Other studies relating to diabetes and haemodialysis presented in this section include: (vi) a systematic review of interventions based on Judaeo-Christian principles for patients with substance use disorder; (vii) the effect of listening to the Holy Qur’an and a back massage on fatigue and quality of life for participants undergoing haemodialysis, (viii) the use of religious capital as a coping strategy in self-care by diabetes patients in a Ghanaian hospital, (ix) the role of religion, spirituality and social media in eating disorders: a qualitative exploration of participants in the “TastelifeUK” eating disorder recovery programme.

Epilogue

ERSCH 2024 and the International Moral Injury and Wellbeing Conference (IMIWC) 2024

Again, the JORH Editors anticipate that readers and researchers will benefit from this collection of research articles. As the 2023 year comes to close, the Editor in Chief would like to thank JORH Associate Editors Terrence Hill, Harold Koenig, David Drummond, Ezra Gabbay, Jeffery Cohen, Carl Aiken, and Jacinda Carey. A special thanks is also noted to Prof. Piret Paal (Director of the Institute of Palliative Care at the Paracelsus Medical University, Salzburg, Austria) who assisted with the editorial reviews on Parkinson’s Disease. Thanks is also expressed to Kimberly Poss (Associate Publisher), Hemalatha Vedachalam (Production Manager), Subhashini Gopal (Copy-Editor Manager), Priya Gopalaksihnan (Submissions Administrator) and their colleagues for all their work throughout 2023.
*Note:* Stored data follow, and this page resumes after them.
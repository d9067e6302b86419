-- ===== src/Wallet.antt =====
-- The background of the extension, apps/extension-wallet/src/background: `UnlockRateLimit` is
-- unlock-rate-limit.ts, `SessionState` session-state.ts, `LockUnlock` handlers/lock-unlock.ts and
-- `ResponseQueue` handlers/external/response-queue.ts. `Allowlist` is stores/allowlist.ts of the
-- extension, and `BiometricLockout` the lockout of apps/mobile-wallet/src/security. The other modules have what is proved of them.
pub mod UnlockRateLimit
pub mod SessionState
pub mod LockUnlock
pub mod Throttling
pub mod Allowlist
pub mod Approved
pub mod Sanitized
pub mod ResponseQueue
pub mod Approvals
pub mod BiometricLockout
pub mod Lockouts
Looking ahead, the JORH Editors wish to again draw your attention to the 9th European Congress on Religion, Spirituality and Health (ECRSH) to be held May 2024, 16–18th at the Paracelsus Medical University in Salzburg, Austria (https://ecrsh.eu/ecrsh-2024). In addition, readers are alerted to a proposed inaugural International Moral Injury and Wellbeing Conference (IMIWC, 2024) planned for the 19th and 20th September 2024, Brisbane Exhibition and Convention Centre, Australia.